Я посмотрела на Савину, снова прибавившую скорость:
— Я дала Габриэлю столько же, сколько Эстебану, поверьте! Дело не в том, что Эстебан был любимчиком! Но Габриэль… как бы это сказать… легче обходится без меня. Он одиночка. Может один сидеть дома, часами играть в видеоигры, перекусить первым, что под руку подвернется в холодильнике.
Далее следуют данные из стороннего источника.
-- ===== src/Daemon/Starts.antt =====
-- When the daemon starts, and how.
use Prim.Native.String.{String}
use openpressod.Prelude.{Bool, true, false, ◌&&◌, ◌≡◌, ◌↔◌, refl, sym, ◌∙◌, arith}
use openpressod.Core.{Core, Readings}
use openpressod.Results.{Result, ok, err, done, >>=-returns}
use openpressod.Files.{File, Json}
use openpressod.Config.{ConfigLibrary}
use openpressod.Config.System.{log_level, brew_profile_path}
use openpressod.Config.Panel.{buttons_pull_mode}
use openpressod.Config.Boiler.{heater_ready_hysteresis_period, brew_temperature, brew_pressure}
use openpressod.ConfigMaker.Labels.{brew_profiler_label}
use openpressod.ConfigMaker.Components.{DeviceConfig}
use openpressod.ConfigMaker
use openpressod.ConfigMaker.Complete.{returns, all_present, required_keys, make-returns}
use openpressod.Machine
use openpressod.Profiles.Valid.{IsValidProfile}
use openpressod.Profiles.{BrewProfileManager, load_saved_profile}
use openpressod.Profiles
use openpressod.Status.{StatusManager}
use openpressod.Daemon.{boot}
use openpressod.Daemon.Boot.{setup-Boots_iff}
use openpressod.Daemon.Start.{
  Hardware, make_leds, make_state_manager, setup_logger, make_status_manager, profile_manager,
  settings_manager, buttons_config, build_server, start,
}

-- A call that returns, as the value that it returns.
abbrev pub Returns : {A : Type 0} → Result A → Type 0
Returns {A} x = (a : A) × (x ≡ ok a)

returns_iff : {A : Type 0} (x : Result A) → (returns x ≡ true) ↔ Returns x
returns_iff (ok a) = (λ h. (a, refl), λ h. refl)
returns_iff (err e) = (λ h. absurd (ground arith), λ h. absurd (ground arith))

&&_iff : (a b : Bool) → ((a && b) ≡ true) ↔ ((a ≡ true) × (b ≡ true))
&&_iff a b = (λ h. (ground arith, ground arith), λ h. ground arith)

setup_logger-returns :
    (lib : ConfigLibrary) (config : lib.Value)
    → (returns (setup_logger lib config) ≡ true) ↔ (returns (log_level lib config) ≡ true)
unfolding setup_logger
setup_logger-returns lib config = (λ h. ground arith, λ h. ground arith)

module _ (core : Core) (lib : ConfigLibrary) (config : lib.Value) (json : Json)
    (files : String → File) where
  -- The saved profile is one that can be applied, if one can be read.
  abbrev pub SavedProfileApplies : Type 0
  SavedProfileApplies =
      let (result, m) = load_saved_profile json (
        Profiles.make core (brew_temperature lib config) (brew_pressure lib config)
          (files (brew_profile_path lib config))) in
      result ≡ done → IsValidProfile m.current_profile

  make_status_manager-returns :
      (hw : Hardware core)
      → (returns (make_status_manager lib config (make_leds hw)) ≡ true)
        ↔ (returns (heater_ready_hysteresis_period lib config) ≡ true)
  unfolding make_status_manager
  make_status_manager-returns hw = (λ h. ground arith, λ h. ground arith)

  boot-Returns :
      (r : Readings) (hw : Hardware core) (status : StatusManager core)
      → core.is_brewing (hw.profiler brew_profiler_label) ≡ false
      → Returns (
          boot r
            (make_state_manager hw status)
            (profile_manager lib config json core files)
            (settings_manager lib config json files))
        ↔ SavedProfileApplies
  unfolding profile_manager make_state_manager Machine.make
  boot-Returns r hw status idle =
      setup-Boots_iff json (brew_temperature lib config) (brew_pressure lib config)
        (files (brew_profile_path lib config)) r (make_state_manager hw status)
        (settings_manager lib config json files) idle

  -- If libopenpresso's new brew profiler does not brew, the constructor of the daemon throws nothing
  -- exactly when the log level is known, every required key is there, the pull mode is known,
  -- libopenpresso makes its core of the description, the hysteresis period is not negative, and the
  -- saved profile, if one can be read, is known in every step and in its stop condition.
  pub start-Returns_iff :
      (get_core : DeviceConfig lib → Result (Hardware core)) (r : Readings)
      → ((c : DeviceConfig lib) (hw : Hardware core)
          → get_core c ≡ ok hw
          → core.is_brewing (hw.profiler brew_profiler_label) ≡ false)
      → Returns (start lib config get_core json files r) ↔ (
          (returns (log_level lib config) ≡ true)
          × (all_present lib config required_keys ≡ true)
          × (returns (buttons_pull_mode lib config) ≡ true)
          × ((c : DeviceConfig lib) → ConfigMaker.make lib config ≡ ok c → Returns (get_core c))
          × (returns (heater_ready_hysteresis_period lib config) ≡ true)
          × SavedProfileApplies)
  unfolding start
  start-Returns_iff get_core r idle = (
    λ (d, h).
        let (logger, h1, e1) = >>=-returns (setup_logger lib config) _ d h in
        let (device, h2, e2) = >>=-returns (ConfigMaker.make lib config) _ d h1 in
        let (hw, h3, e3) = >>=-returns (get_core device) _ d h2 in
        let (status, h4, e4) = >>=-returns (make_status_manager lib config (make_leds hw)) _ d h3 in
        let (dispatcher, h5, e5) =
          >>=-returns
            (boot r (make_state_manager hw status) (profile_manager lib config json core files)
              (settings_manager lib config json files))
            _ d h4 in
        let made = (returns_iff (ConfigMaker.make lib config)).1 (device, e2) in
        let keys = (&&_iff _ _).0 (sym (make-returns lib config) ∙ made) in
        (
          (setup_logger-returns lib config).0 ((returns_iff _).1 (logger, e1)),
          keys.0,
          keys.1,
          λ c same. (hw, ground arith),
          (make_status_manager-returns hw).0 ((returns_iff _).1 (status, e4)),
          (boot-Returns r hw status (idle device hw e3)).0 (dispatcher, e5),
        ),
    λ (level, keys, pull, opens, period, applies).
        let made = make-returns lib config ∙ (&&_iff _ _).1 (keys, pull) in
        let (device, e2) = (returns_iff _).0 made in
        let (hw, e3) = opens device e2 in
        let (logger, e1) = (returns_iff _).0 ((setup_logger-returns lib config).1 level) in
        let (status, e4) = (returns_iff _).0 ((make_status_manager-returns hw).1 period) in
        let (dispatcher, e5) = (boot-Returns r hw status (idle device hw e3)).1 applies in
        (
          record {
            dispatcher = dispatcher;
            buttons = buttons_config lib config;
            listening_ports = build_server lib config;
          },
          ground arith,
        ),
  )
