-- ===== src/Dispatcher/BrewSync.antt =====
-- Which procedures tell the subscribers about the brew, and which do not.
use openpressod.Prelude.{not, refl, Bool, true, false, none, ◌≡◌, arith, Bool-cases, inl, inr}
use openpressod.Messages.{power_state, brew_state, brew_progress}
use openpressod.Core.{Core, Readings}
use openpressod.Results.{Result-cases}
use openpressod.Files.{Json}
use openpressod.Machine.{StateManager, get_brew_state}
use openpressod.Machine
use openpressod.Machine.Modes.{start_brew_modes, stop_brew_modes, set_power_state_modes}
use openpressod.Machine.Behaviour.{start_brew_cases}
use openpressod.Dispatcher.View.{SeesBrew, SeesBrew-notify_changed}
use openpressod.Dispatcher.{
  Dispatcher, Procedure, broadcast, broadcast_if, do_set_power_state, do_start_brew, do_stop_brew,
  toggle_brew_body, stop_brew_body, run, destroy,
}

-- Every subscriber knows whether a brew runs.
abbrev pub KnowsBrew : {core : Core} → Dispatcher core → Type 0
KnowsBrew d = SeesBrew (get_brew_state d.state_manager) d.events_sinks

module _ {core : Core} where
  open core use {is_brewing}

  do_start_brew-KnowsBrew :
      (r : Readings) (d : Dispatcher core) → KnowsBrew d → KnowsBrew (do_start_brew r d).1
  unfolding do_start_brew broadcast_if broadcast get_brew_state
  do_start_brew-KnowsBrew r d h =
      let m = d.state_manager in
      let cases = start_brew_cases r m in
      elim (Result-cases (Machine.start_brew r m).0) [
        | inl (a, e) ↦
            let on : is_brewing (Machine.start_brew r m).1.brew_profiler ≡ true =
              ground (arith, cases) in
            rw (e, broadcast_if, on)
              (SeesBrew-notify_changed (brew_state true) (is_brewing m.brew_profiler) d.events_sinks
                h)
        | inr (x, e) ↦
            let same : (Machine.start_brew r m).1 ≡ m = ground (arith, cases) in
            rw (e, broadcast_if, same) h
      ]

  do_stop_brew-KnowsBrew :
      (r : Readings) (d : Dispatcher core) → KnowsBrew d → KnowsBrew (do_stop_brew r d)
  unfolding do_stop_brew broadcast get_brew_state
  do_stop_brew-KnowsBrew r d h = elim (Bool-cases (is_brewing d.state_manager.brew_profiler)) [
    | inr e ↦ rw e h
    | inl e ↦
        let off = (stop_brew_modes r d.state_manager).2 in
        rw (e, off)
          (SeesBrew-notify_changed (brew_state false) (is_brewing d.state_manager.brew_profiler)
            d.events_sinks h)
  ]

  -- The brew button, `startBrew` and `stopBrew` without a callback, and the profiler's report that
  -- the brew has stopped: if every subscriber knows whether a brew runs, they still know it
  -- afterwards, also if the procedure throws.
  pub buttons-KnowsBrew :
      (json : Json) (r : Readings) (d : Dispatcher core)
      → KnowsBrew d
      → KnowsBrew (run json r Procedure.toggle_brew d).1
        × KnowsBrew (run json r Procedure.start_brew d).1
        × KnowsBrew (run json r Procedure.stop_brew d).1
        × KnowsBrew (run json r Procedure.brew_stopped d).1
  unfolding run toggle_brew_body
  buttons-KnowsBrew json r d h =
      let start = do_start_brew-KnowsBrew r d h in
      let stop = do_stop_brew-KnowsBrew r d h in
      (
        elim (Bool-cases (get_brew_state d.state_manager)) [
          | inl e ↦ rw e stop
          | inr e ↦ rw e start
        ],
        start,
        stop,
        stop,
      )

  destroy-silent :
      (r : Readings) (d : Dispatcher core)
      → (get_brew_state (destroy r d).state_manager ≡ false)
        × ((destroy r d).events_sinks ≡ d.events_sinks)
  unfolding destroy get_brew_state Machine.get_power_state
  destroy-silent r d =
      let m = d.state_manager in
      let n = Machine.stop_brew r m in
      (
        ground (
          arith,
          stop_brew_modes r m,
          set_power_state_modes false r n,
          set_power_state_modes false r m,
        ),
        refl,
      )

  do_set_power_state-silent :
      (r : Readings) (b : Bool) (d : Dispatcher core)
      → d.state_manager.power ≡ true
      → SeesBrew b d.events_sinks
      → let n = do_set_power_state false r d in
        (get_brew_state n.state_manager ≡ false) × SeesBrew b n.events_sinks
  unfolding do_set_power_state broadcast get_brew_state
  do_set_power_state-silent r b d on h = (
    ground (arith, set_power_state_modes false r d.state_manager),
    SeesBrew-notify_changed (power_state false) b d.events_sinks h,
  )

  -- With the power on and steam mode off: a brew that a client of the service starts runs, and one that
  -- is ended by a client's `StopBrew`, by switching the power off (by a client, or by a power button
  -- that toggles or that has two positions) or by the dispatcher's destructor is over; and each time
  -- the subscribers still believe what they believed before.
  pub calls-silent :
      (json : Json) (r : Readings) (b : Bool) (d : Dispatcher core)
      → d.state_manager.power ≡ true
      → d.state_manager.steam ≡ false
      → SeesBrew b d.events_sinks
      → let m = (run json r Procedure.call_start_brew d).1 in
        let n = (run json r Procedure.call_stop_brew d).1 in
        let k = (run json r (Procedure.call_set_power_state false) d).1 in
        let o = (run json r (Procedure.set_power_state false) d).1 in
        let l = (run json r Procedure.toggle_power_state d).1 in
        let e = destroy r d in
        ((get_brew_state m.state_manager ≡ true) × SeesBrew b m.events_sinks)
        × ((get_brew_state n.state_manager ≡ false) × SeesBrew b n.events_sinks)
        × ((get_brew_state k.state_manager ≡ false) × SeesBrew b k.events_sinks)
        × ((get_brew_state o.state_manager ≡ false) × SeesBrew b o.events_sinks)
        × ((get_brew_state l.state_manager ≡ false) × SeesBrew b l.events_sinks)
        × ((get_brew_state e.state_manager ≡ false) × SeesBrew b e.events_sinks)
  unfolding run get_brew_state stop_brew_body broadcast Machine.get_power_state
  calls-silent json r b d on steam h =
      let off = do_set_power_state-silent r b d on h in
      let ended = destroy-silent r d in
      let flipped : not d.state_manager.power ≡ false = ground arith in
      (
        (ground (arith, start_brew_modes r d.state_manager), h),
        (
          (stop_brew_modes r d.state_manager).2,
          SeesBrew-notify_changed (brew_progress none) b d.events_sinks h,
        ),
        off,
        off,
        rw flipped off,
        (ended.0, rw (ended.1) h),
      )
— Просто-напросто современный ребенок.
Мадам Отвечу-на-любой-вопрос уже попросту бесила меня. Том тоже был современным ребенком, хотелось мне заорать, но он не сидел взаперти.
700 метров.
Красная скала появлялась и пропадала с каждой петлей дороги. Савина еле справилась с особенно крутым виражом.
— Я вернулась в девять вечера. Впервые за три года куда-то вышла. Я делаю все, что могу! Вкалываю как проклятая, вы знаете, что такое жизнь врача? Я одна воспитываю Габриэля. Я записала его в ближайшую частную школу, в Сен-Сатюрнен, чтобы он мог побыть там до и после уроков. У него нет ни одного друга в Мюроле. Даже во время каникул ему приходится повторять уроки на этих онлайн-ресурсах, чтоб им провалиться. Когда он не в школе, я несколько раз в день ему звоню. Оставляю сообщения, проверяю трекер, чтобы знать, дома ли он.
Меня трясло от ярости. Я не плохая мать! Пусть заткнется со своей моралью и молча ведет машину.
— И еще кое-что я вам скажу, Савина, раз уж вы врезали по больному месту. У нас с Габриэлем все было хорошо до тех пор, пока восемь месяцев назад я не повезла его в Сен-Жан-де-Люз, пока мы не перебрались в Мюроль, пока…
От бешенства я захлебнулась словами.
— Пока вы не забыли обо всем, кроме призрака? — подхватила Савина. — Старшего брата, умершего до рождения Габриэля и вернувшегося из преисподней, чтобы его вытеснить! Вы дошли до того, что попросили сына все бросить и уехать с вами сюда. Вы понимаете, на что обрекли своего ребенка?
Замолкнет она когда-нибудь? Не ее забота тыкать меня носом во все эти истины! Я согласна была обсуждать это только с Ваяном, он хотя бы мне не перечил. И все же я не в силах была смолчать, я стала защищаться:
— Послушайте, Савина, у меня не было выбора! Все эти совпадения на меня сами свалились, я их не подстраивала. Невероятное сходство, родимое пятно — все, вплоть до одинаковой ДНК. Вы видели результаты теста! Я поневоле оказалась втянутой в эту безумную историю! И Габриэль вместе со мной.
Савина немного сбавила скорость, когда мы проезжали деревушку из трех засыпанных снегом домов. Сбавила и тон, чтобы разрядить обстановку. Она выполнила свою задачу социальной работницы, высказала все, что хотела высказать, вскрыла нарыв. Теперь ей предстояло лечить рану.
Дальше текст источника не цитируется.